--- START ---
-- ===== src/Std/Words.antt =====
-- Unsigned machine integers as native numbers: wrap-around and saturation are written out.
use nbnet.Prelude.{ℕ, ◌+◌, ◌-◌, ◌*◌, ◌^◌, ◌%◌, ◌≤◌, ◌<◌, ◌≡◌, min, arith}

abbrev pub u32_mod : ℕ
u32_mod = 2 ^ 32

abbrev pub u64_mod : ℕ
u64_mod = 2 ^ 64

abbrev pub u64_max : ℕ
u64_max = 2 ^ 64 - 1

abbrev pub u128_max : ℕ
u128_max = 2 ^ 128 - 1

abbrev pub u256_mod : ℕ
u256_mod = 2 ^ 256

abbrev pub u256_max : ℕ
u256_max = 2 ^ 256 - 1

-- `saturating_add`, `saturating_mul` and `saturating_sub` of a type whose largest value is `top`.
unfoldable pub saturating_add : ℕ → ℕ → ℕ → ℕ
saturating_add top a b = min (a + b) top

unfoldable pub saturating_mul : ℕ → ℕ → ℕ → ℕ
saturating_mul top a b = min (a * b) top

unfoldable pub saturating_sub : ℕ → ℕ → ℕ
saturating_sub a b = a - b

pub saturating_add-le : (top a b : ℕ) → saturating_add top a b ≤ top
unfolding saturating_add
saturating_add-le top a b = omega arith

pub saturating_add_exact : (top a b : ℕ) → a + b ≤ top → saturating_add top a b ≡ a + b
unfolding saturating_add
saturating_add_exact top a b h = omega arith

-- `a + b` on `u64` in a build without overflow checks.
unfoldable pub wrapping_add : ℕ → ℕ → ℕ
wrapping_add a b = (a + b) % u64_mod

unfoldable pub wrapping_sub : ℕ → ℕ → ℕ
wrapping_sub a b = (a + (u64_mod - b)) % u64_mod

pub wrapping_add_exact : (a b : ℕ) → a + b < u64_mod → wrapping_add a b ≡ a + b
unfolding wrapping_add
wrapping_add_exact a b h = omega arith
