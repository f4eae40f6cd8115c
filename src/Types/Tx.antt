-- ===== src/Types/Tx.antt =====
-- crates/types/src/tx.rs: decoding, validation and fees of a transaction. The envelope and its
-- accessors belong to the alloy crates, and are the interface `TxEnvelope` over an unknown type.
pub mod Validation
pub mod Fees
pub mod Display
use Prim.Native.String.{String}
use nbnet.Prelude.{
  ℕ, ◌+◌, ◌*◌, ◌%◌, Bool, Option, none, some, List, [], ◌∷◌, min, max, ltb, not, ◌==◌,
  if◌then◌else◌, is_some, unwrap_or, Result, ok, err,
}
use nbnet.Std.Words.{u64_mod, u64_max, u256_mod, saturating_add, saturating_sub}

-- `alloy_consensus::TxEnvelope` with `Decodable2718`, `SignerRecoverable` and `Transaction`. A
-- failure of alloy is its message.
pub record TxEnvelope (E : Type 0) : Type 0 where
  pub decode_2718 : List ℕ → Result E String
  pub recover_signer : E → Result ℕ String
  pub tx_hash : E → ℕ
  pub tx_type : E → ℕ
  pub chain_id : E → Option ℕ
  pub nonce : E → ℕ
  pub gas_limit : E → ℕ
  pub max_fee_per_gas : E → ℕ
  pub max_priority_fee_per_gas : E → Option ℕ
  pub to : E → Option ℕ
  pub value : E → ℕ
  pub input : E → List ℕ

pub record VerifiedTx (E : Type 0) : Type 0 where
  pub raw : List ℕ
  pub envelope : E
  pub sender : ℕ
  pub tx_hash : ℕ

pub data TxError : Type 0 where
  rlp_decode : String → TxError
  signature_recovery : String → TxError
  chain_id_mismatch : (expected : ℕ) (got : Option ℕ) → TxError
  nonce_too_low : (expected got : ℕ) → TxError
  insufficient_balance : (required available : ℕ) → TxError
  intrinsic_gas_too_low : (required got : ℕ) → TxError
  gas_limit_exceeds_block : (tx_gas block_limit : ℕ) → TxError

-- The chain id is checked only where the transaction carries one.
abbrev pub wrong_chain : Option ℕ → ℕ → Bool
wrong_chain none chain_id = Bool.false
wrong_chain (some id) chain_id = not (id == chain_id)

unfoldable pub data_cost : ℕ → List ℕ → ℕ
unfolding saturating_add
data_cost acc [] = acc
data_cost acc (byte ∷ bytes) =
    data_cost (saturating_add u64_max acc (if byte == 0 then 4 else 16)) bytes

module _ {E : Type 0} ⦃tx : TxEnvelope E⦄ where
  unfoldable pub decode_and_recover : List ℕ → Result (VerifiedTx E) TxError
  decode_and_recover raw = elim (tx.decode_2718 raw) [
    | err e ↦ err (rlp_decode e)
    | ok envelope ↦ elim (tx.recover_signer envelope) [
      | err e ↦ err (signature_recovery e)
      | ok sender ↦ ok (record {
        raw = raw;
        envelope = envelope;
        sender = sender;
        tx_hash = tx.tx_hash envelope;
      })
    ]
  ]

  unfoldable pub intrinsic_gas : E → ℕ
  unfolding saturating_add
  intrinsic_gas e =
      saturating_add u64_max (if is_some (tx.to e) then 21_000 else 53_000)
        (data_cost 0 (tx.input e))

  -- The upfront cost; the product and the sum are those of `U256` and wrap.
  unfoldable pub upfront_cost : E → ℕ → ℕ
  upfront_cost e base_fee =
      (tx.gas_limit e * max (tx.max_fee_per_gas e) base_fee % u256_mod + tx.value e) % u256_mod

  unfoldable pub validate_tx :
      VerifiedTx E
      → (chain_id account_nonce account_balance block_gas_limit base_fee : ℕ)
      → Result (Unit {0}) TxError
  validate_tx v chain_id account_nonce account_balance block_gas_limit base_fee =
      let e = v.envelope in
      let tx_gas = tx.gas_limit e in
      let upfront = upfront_cost e base_fee in
      if wrong_chain (tx.chain_id e) chain_id
      then err (chain_id_mismatch chain_id (tx.chain_id e))
      else if ltb (tx.nonce e) account_nonce
      then err (nonce_too_low account_nonce (tx.nonce e))
      else if ltb block_gas_limit tx_gas
      then err (gas_limit_exceeds_block tx_gas block_gas_limit)
      else if ltb tx_gas (intrinsic_gas e)
      then err (intrinsic_gas_too_low (intrinsic_gas e) tx_gas)
      else if ltb account_balance upfront
      then err (insufficient_balance upfront account_balance)
      else ok tt

  -- `as u64` keeps the low 64 bits of the fees.
  unfoldable pub effective_gas_tip : E → ℕ → ℕ
  unfolding saturating_sub
  effective_gas_tip e base_fee =
      min (saturating_sub (tx.max_fee_per_gas e % u64_mod) base_fee)
        (unwrap_or (tx.max_priority_fee_per_gas e) 0 % u64_mod)
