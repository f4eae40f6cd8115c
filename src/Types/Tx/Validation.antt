-- ===== src/Types/Tx/Validation.antt =====
-- What `validate_tx` and `decode_and_recover` of crates/types/src/tx.rs accept and refuse.
use nbnet.Prelude.{
  ℕ, ◌+◌, ◌*◌, ◌≤◌, ◌<◌, ◌≡◌, ◌↔◌, List, [], ◌∷◌, min, max, arith, true, false, ◌==◌, if◌then◌else◌,
  is_some, ok, err,
}
use nbnet.Std.Words.{u64_max, u256_mod}
use nbnet.Types.Tx.{
  TxEnvelope, VerifiedTx, wrong_chain, data_cost, intrinsic_gas, upfront_cost, validate_tx,
  decode_and_recover, chain_id_mismatch, nonce_too_low, gas_limit_exceeds_block,
  intrinsic_gas_too_low, insufficient_balance,
}

-- The price of the call data without saturation: 4 for a zero byte and 16 for any other.
abbrev pub calldata_gas : List ℕ → ℕ
calldata_gas [] = 0
calldata_gas (byte ∷ bytes) = (if byte == 0 then 4 else 16) + calldata_gas bytes

data_cost-eq-min :
    (acc : ℕ) (bytes : List ℕ)
    → acc ≤ u64_max
    → data_cost acc bytes ≡ min (acc + calldata_gas bytes) u64_max
unfolding data_cost
data_cost-eq-min acc [] h = omega arith
data_cost-eq-min acc (byte ∷ bytes) h =
    let step = min (acc + (if byte == 0 then 4 else 16)) u64_max in
    omega (arith, data_cost-eq-min step bytes (omega arith))

module _ {E : Type 0} ⦃tx : TxEnvelope E⦄ where
  -- The intrinsic gas of the yellow paper: 21000, or 53000 for a creation, and the call data.
  abbrev pub yellow_gas : E → ℕ
  yellow_gas e = (if is_some (tx.to e) then 21_000 else 53_000) + calldata_gas (tx.input e)

  -- The code computes that sum, saturated at the largest `u64`.
  pub intrinsic_gas-eq-min : (e : E) → intrinsic_gas e ≡ min (yellow_gas e) u64_max
  unfolding intrinsic_gas
  intrinsic_gas-eq-min e = omega (arith, data_cost-eq-min 0 (tx.input e) (omega arith))

  -- The largest cost of a transaction, as an unbounded number.
  abbrev pub true_cost : E → ℕ → ℕ
  true_cost e base_fee = tx.gas_limit e * max (tx.max_fee_per_gas e) base_fee + tx.value e

  upfront_cost_exact :
      (e : E) (base_fee : ℕ)
      → true_cost e base_fee < u256_mod
      → upfront_cost e base_fee ≡ true_cost e base_fee
  unfolding upfront_cost
  upfront_cost_exact e base_fee h = omega arith

  module _ (v : VerifiedTx E) (chain_id account_nonce balance block_gas_limit base_fee : ℕ) where
    -- What a valid transaction is, said without the code's order of checks and without wrapping.
    pub record IsAcceptable : Type 0 where
      pub right_chain : wrong_chain (tx.chain_id v.envelope) chain_id ≡ false
      pub fresh : account_nonce ≤ tx.nonce v.envelope
      pub fits_block : tx.gas_limit v.envelope ≤ block_gas_limit
      pub pays_intrinsic : yellow_gas v.envelope ≤ tx.gas_limit v.envelope
      pub affordable : true_cost v.envelope base_fee ≤ balance

    -- For a transaction whose cost is below 2 ^ 256 and whose gas limit is below the largest u64,
    -- validation succeeds exactly on the acceptable ones: the right chain, a nonce that is not
    -- used, a gas limit between the intrinsic gas and the block's limit, and a cost that the
    -- balance covers.
    pub validate_tx-ok_iff :
        true_cost v.envelope base_fee < u256_mod
        → tx.gas_limit v.envelope < u64_max
        → (validate_tx v chain_id account_nonce balance block_gas_limit base_fee ≡ ok tt)
          ↔ IsAcceptable
    unfolding validate_tx
    validate_tx-ok_iff fits proper =
        let i = intrinsic_gas-eq-min v.envelope in
        let u = upfront_cost_exact v.envelope base_fee fits in
        (λ h. ground (arith, i, u), λ a. ground (arith, i, u))

    -- Where the cost passes 2 ^ 256 the sum wraps: a transaction that meets the other conditions is
    -- accepted although the balance covers only what is left above 2 ^ 256.
    pub validate_tx_wraps :
        (rest : ℕ)
        → wrong_chain (tx.chain_id v.envelope) chain_id ≡ false
        → account_nonce ≤ tx.nonce v.envelope
        → tx.gas_limit v.envelope ≤ block_gas_limit
        → yellow_gas v.envelope ≤ tx.gas_limit v.envelope
        → true_cost v.envelope base_fee ≡ u256_mod + rest
        → rest < u256_mod
        → rest ≤ balance
        → validate_tx v chain_id account_nonce balance block_gas_limit base_fee ≡ ok tt
    unfolding validate_tx upfront_cost
    validate_tx_wraps rest c n g y e r b = ground (arith, intrinsic_gas-eq-min v.envelope)

    -- Each error of validation is reported exactly when its own condition holds and no earlier
    -- check failed.
    pub validate_tx_errors :
        let e = v.envelope in
        let r = validate_tx v chain_id account_nonce balance block_gas_limit base_fee in
        let right = wrong_chain (tx.chain_id e) chain_id ≡ false in
        ((r ≡ err (chain_id_mismatch chain_id (tx.chain_id e)))
          ↔ (wrong_chain (tx.chain_id e) chain_id ≡ true))
        × ((r ≡ err (nonce_too_low account_nonce (tx.nonce e)))
            ↔ (right × (tx.nonce e < account_nonce)))
        × ((r ≡ err (gas_limit_exceeds_block (tx.gas_limit e) block_gas_limit))
            ↔ (right × (account_nonce ≤ tx.nonce e) × (block_gas_limit < tx.gas_limit e)))
        × ((r ≡ err (intrinsic_gas_too_low (min (yellow_gas e) u64_max) (tx.gas_limit e))) ↔ (
            right
            × (account_nonce ≤ tx.nonce e)
            × (tx.gas_limit e ≤ block_gas_limit)
            × (tx.gas_limit e < min (yellow_gas e) u64_max)))
        × ((r ≡ err (insufficient_balance (upfront_cost e base_fee) balance)) ↔ (
            right
            × (account_nonce ≤ tx.nonce e)
            × (tx.gas_limit e ≤ block_gas_limit)
            × (min (yellow_gas e) u64_max ≤ tx.gas_limit e)
            × (balance < upfront_cost e base_fee)))
    unfolding validate_tx
    validate_tx_errors =
        let i = intrinsic_gas-eq-min v.envelope in
        (
          (λ h. ground (arith, i), λ h. ground (arith, i)),
          (λ h. ground (arith, i), λ h. ground (arith, i)),
          (λ h. ground (arith, i), λ h. ground (arith, i)),
          (λ h. ground (arith, i), λ h. ground (arith, i)),
          (λ h. ground (arith, i), λ h. ground (arith, i)),
        )

  -- A decoded transaction keeps its bytes, and its envelope, sender and hash are alloy's.
  pub record Decodes (raw : List ℕ) (v : VerifiedTx E) : Type 0 where
    pub raw_kept : v.raw ≡ raw
    pub decoded : tx.decode_2718 raw ≡ ok v.envelope
    pub recovered : tx.recover_signer v.envelope ≡ ok v.sender
    pub hashed : v.tx_hash ≡ tx.tx_hash v.envelope

  -- `decode_and_recover` succeeds with a transaction exactly when that is what the bytes decode to.
  pub decode_and_recover-ok_iff :
      (raw : List ℕ) (v : VerifiedTx E) → (decode_and_recover raw ≡ ok v) ↔ Decodes raw v
  unfolding decode_and_recover
  decode_and_recover-ok_iff raw v = (λ h. ground arith, λ d. ground arith)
--- END ---
In the listing above, the lines from the one containing "min (saturating_sub (tx.max_fee_per_gas" through the one containing "-- The price" must be set down exactly, with no other lines.

**Answer to this task:**
      min (saturating_sub (tx.max_fee_per_gas e % u64_mod) base_fee)
        (unwrap_or (tx.max_priority_fee_per_gas e) 0 % u64_mod)
repository f4eae40f6cd8115c
filename src/Types/Tx/Validation.antt
-- ===== src/Types/Tx/Validation.antt =====
-- What `validate_tx` and `decode_and_recover` of crates/types/src/tx.rs accept and refuse.
use nbnet.Prelude.{
  ℕ, ◌+◌, ◌*◌, ◌≤◌, ◌<◌, ◌≡◌, ◌↔◌, List, [], ◌∷◌, min, max, arith, true, false, ◌==◌, if◌then◌else◌,
  is_some, ok, err,
}
use nbnet.Std.Words.{u64_max, u256_mod}
use nbnet.Types.Tx.{
  TxEnvelope, VerifiedTx, wrong_chain, data_cost, intrinsic_gas, upfront_cost, validate_tx,
  decode_and_recover, chain_id_mismatch, nonce_too_low, gas_limit_exceeds_block,
  intrinsic_gas_too_low, insufficient_balance,
}

-- The price of the call data without saturation: 4 for a zero byte and 16 for any other.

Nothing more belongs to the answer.